Key Default Description
runai-operator.config.project-controller.createNamespaces true Set to falseif unwilling to provide Run:ai the ability to create namespaces. When set to false, will requires an additional manual step when creating new Run:ai Projects
runai-operator.config.project-controller.clusterWideSecret true Set to false when using PodSecurityPolicy or OpenShift
runai-operator.config.mps-server.enabled false Set to true to allow the use of NVIDIA MPS. MPS is useful with Inference workloads
runai-operator.config.global.runtime docker Defines the container runtime of the cluster (supports docker and containerd). Set to containerd when using Tanzu
runai-operator.config.global.nvidiaDcgmExporter.namespace gpu-operator The namespace where dcgm-exporter (or gpu-operator) was installed
runai-operator.config.global.nvidiaDcgmExporter.installedFromGpuOperator true Indicated whether the dcgm-exporter was installed via gpu-operator or not
spec.prometheus.spec.retention 2h The interval of time where Prometheus will save Run:ai metrics. Promethues is only used as an intermediary to another metrics storage facility and metrics are typically moved within tens of seconds, so changing this setting is mostly for debugging purposes.
spec.prometheus.spec.retentionSize Not set The amount of storage allocated for metrics by Prometheus. For more information see Prometheus Storage.
spec.prometheus.spec.imagePullSecrets Not set An optional list of references to secrets in the runai namespace to use for pulling Prometheus images (relevant for air-gapped installations).

Understanding Custom Access Roles

To review the access roles created by the Run:ai Cluster installation, see Understanding Access Roles.

Manual Creation of Namespaces

Run:ai Projects are implemented as Kubernetes namespaces. By default, the administrator creates a new Project via the Administration user interface which then triggers the creation of a Kubernetes namespace named runai-<PROJECT-NAME>. There are a couple of use cases that customers will want to disable this feature:

  • Some organizations prefer to use their internal naming convention for Kubernetes namespaces, rather than Run:ai's default runai-<PROJECT-NAME> convention.
  • Some organizations will not allow Run:ai to automatically create Kubernetes namespaces.

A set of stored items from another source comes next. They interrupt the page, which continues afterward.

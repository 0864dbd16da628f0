-- ===== src/Kube/Library.antt =====
-- The functions of apimachinery and controller-runtime that the controllers call.
use meteor_operator.Prelude.{String, List, ◌≡◌}
use meteor_operator.Kube.Meta.{key_of, TypeMeta, OwnerReference, ObjectMeta}
use meteor_operator.Kube.Conditions.{ConditionOps}
use meteor_operator.Kube.Client.{Error}

pub record Library : Type 0 where
  pub conditions : ConditionOps
  pub open conditions use *
  -- `controllerutil.SetControllerReference(owner, controlled, scheme)`: the metadata of the
  -- controlled object afterwards. The operator drops the error, which leaves them as they were.
  pub set_controller_reference : TypeMeta → ObjectMeta → ObjectMeta → ObjectMeta
  -- `metav1.NewControllerRef(owner, gvk)`
  pub new_controller_ref : TypeMeta → ObjectMeta → OwnerReference
  -- `controllerutil.AddFinalizer` and `RemoveFinalizer`, as the finalizers afterwards.
  pub add_finalizer : List String → String → List String
  pub remove_finalizer : List String → String → List String
  -- What `errors.NewNotFound` and `errors.NewConflict` build for the Showers.
  pub no_showers_found : Error
  pub shower_conflict : Error

-- The controller reference leaves the name and the namespace as they are.
abbrev pub KeepsKey : Library → Type 0
KeepsKey lib =
    (kind : TypeMeta) (owner controlled : ObjectMeta)
    → key_of (lib.set_controller_reference kind owner controlled) ≡ key_of controlled
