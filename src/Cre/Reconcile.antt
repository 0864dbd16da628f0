-- ===== src/Cre/Reconcile.antt =====
-- controllers/cre/controller.go: `Reconcile` and `reconcilePipelineRun`.
pub mod Conditions
pub mod Phase
pub mod Life
pub mod Branches
pub mod Ended
pub mod Outcomes
pub mod Results
pub mod Facts
pub mod Refine
pub mod Trace
pub mod Once
pub mod Confined
use meteor_operator.Prelude.{
  ◌≡◌, Bool, false, not, Option, none, some, [], ◌∷◌, sprintf, if◌then◌else◌,
}
use meteor_operator.Kube.Meta.{NamespacedName, is_unset}
use meteor_operator.Kube.Conditions.{condition_true}
use meteor_operator.Kube.Client.{
  Error, Result, ok, err, Resource, Outcome, done, ◌>>=◌, Requeue, no_requeue,
}
use meteor_operator.Kube.Library.{Library}
use meteor_operator.Tekton.{PipelineRun}
use meteor_operator.Api.Cre.{
  CreStatus, CustomRuntimeEnvironment, pipeline_run_created, error_pipeline_run_create,
  generic_pipeline_error, aggregate_phase,
}
use meteor_operator.Cre.Build.{run_name, run_meta, status_index, desired_run}
use meteor_operator.Cre.Observe.{condition, with_conditions, observe_run}

-- The two arguments of `equality.Semantic.DeepEqual(CRE.Status, oldStatus)` are interface values: a
-- struct, and the pointer that `DeepCopy` returned.
pub data StatusValue : Type 0 where
  struct : CreStatus → StatusValue
  pointer : CreStatus → StatusValue

-- `Semantic.DeepEqual`, and what its documentation says: values of distinct types are never equal.
pub record DeepEqual : Type 0 where
  pub deep_equal : StatusValue → StatusValue → Bool
  pub distinct_types : (s t : CreStatus) → deep_equal (struct s) (pointer t) ≡ false

-- What the operator's client gives this controller.
pub record Api (W : Type 0) : Type 0 where
  pub cres : Resource W CustomRuntimeEnvironment
  pub pipeline_runs : Resource W PipelineRun

-- The status with the index appended, the aggregated phase, or the generation written into it.
abbrev pub with_index : CustomRuntimeEnvironment → CustomRuntimeEnvironment
with_index cre = record cre { status = record cre.status { pipelines = (status_index cre).1 } }

abbrev pub with_phase : CustomRuntimeEnvironment → CustomRuntimeEnvironment
with_phase cre = record cre { status = record cre.status { phase = aggregate_phase cre } }

abbrev pub with_generation : CustomRuntimeEnvironment → CustomRuntimeEnvironment
with_generation cre = record cre {
  status = record cre.status { observed_generation = cre.meta.generation };
}

-- `namespacedName` of the run
pub run_key : CustomRuntimeEnvironment → NamespacedName
run_key cre = record { name = run_name cre; namespace = cre.meta.namespace }

module _ {W : Type 0} (lib : Library) (api : Api W) where
  open lib use {set_status_condition, set_controller_reference}

  -- After `Create`: the branch for an error does not return.
  pub after_create :
      CustomRuntimeEnvironment → PipelineRun → Result PipelineRun → CustomRuntimeEnvironment
  after_create cre run (ok created) = with_conditions cre (
      set_status_condition cre.status.conditions (
        condition cre pipeline_run_created condition_true "PipelineRunCreated"
          (sprintf (created.meta.name ∷ " PipelineRun created successfully" ∷ []))))
  after_create cre run (err e) =
      let failed = set_status_condition cre.status.conditions (
        condition cre error_pipeline_run_create condition_true "PipelineRunCreateFailed"
          e.message) in
      with_conditions cre (
        set_status_condition failed (
          condition cre pipeline_run_created condition_true "PipelineRunCreated"
            (sprintf (run.meta.name ∷ " PipelineRun created successfully" ∷ []))))

  -- The run as it is handed to `Create`.
  pub submitted : CustomRuntimeEnvironment → PipelineRun
  submitted cre = record (desired_run cre) {
    meta = set_controller_reference cre.type_meta cre.meta (run_meta cre);
  }

  pub create_run : CustomRuntimeEnvironment → W → CustomRuntimeEnvironment × W
  create_run cre w =
      let (r, w') = api.pipeline_runs.create (submitted cre) w in
      (after_create cre (submitted cre) r, w')

  -- The branches on what `Get` returned.
  pub after_get :
      CustomRuntimeEnvironment → Result PipelineRun → W → Outcome (CustomRuntimeEnvironment × W)
  after_get cre (err e) w =
      if e.not_found
      then done (create_run (with_index cre) w)
      else done (
        with_conditions (with_index cre) (
            set_status_condition cre.status.conditions (
              condition cre generic_pipeline_error condition_true "PipelineRunGenericError"
                e.message)),
        w,
      )
  after_get cre (ok run) w = do
    cre' ← observe_run lib.conditions (with_index cre) (status_index cre).0 run
    done (cre', w)

  pub reconcile_pipeline_run : CustomRuntimeEnvironment → W → Outcome (CustomRuntimeEnvironment × W)
  reconcile_pipeline_run cre w =
      let (r, w') =
        api.pipeline_runs.get (record { name = run_name cre; namespace = cre.meta.namespace }) w in
      after_get cre r w'

  module _ (eq : DeepEqual) where
    -- `Reconcile` between the check for deletion and the status update.
    pub refresh : CustomRuntimeEnvironment → W → Outcome (CustomRuntimeEnvironment × W)
    refresh cre w = do
      (reconciled, w') ← reconcile_pipeline_run (with_phase cre) w
      let observed = with_generation reconciled
      done (
        if not (eq.deep_equal (struct observed.status) (pointer cre.status))
            then with_phase observed
            else observed,
        w',
      )

    abbrev error_of : Result CustomRuntimeEnvironment → Option Error
    error_of (ok _) = none
    error_of (err e) = some e

    abbrev update_status : CustomRuntimeEnvironment × W → Outcome ((Requeue × Option Error) × W)
    update_status (cre, w) =
        let (r, w') = api.cres.update_status cre w in done ((no_requeue, error_of r), w')

    -- The branches on what `Get` returned for the resource itself.
    pub on_resource : Result CustomRuntimeEnvironment → W → Outcome ((Requeue × Option Error) × W)
    on_resource (err e) w = done ((no_requeue, if e.not_found then none else some e), w)
    on_resource (ok cre) w =
        if not (is_unset cre.meta.deletion_timestamp)
        then done ((no_requeue, none), w)
        else do result ← refresh cre w; update_status result

    pub reconcile : NamespacedName → W → Outcome ((Requeue × Option Error) × W)
    reconcile req w = let (r, w') = api.cres.get req w in on_resource r w'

Follow these steps to achieve this:

  1. Disable the namespace creation functionality. See the runai-operator.config.project-controller.createNamespaces flag above.
  2. Create a Project using the Run:ai User Interface.
  3. Create the namespace if needed by running: kubectl create ns <NAMESPACE>. The suggested Run:ai default is runai-<PROJECT-NAME>.
  4. Label the namespace to connect it to the Run:ai Project by running kubectl label ns <NAMESPACE> runai/queue=<PROJECT_NAME>, where <PROJECT_NAME> is the name of the project you have created in the Run:ai user interface above and <NAMESPACE> is the name you chose for your namespace.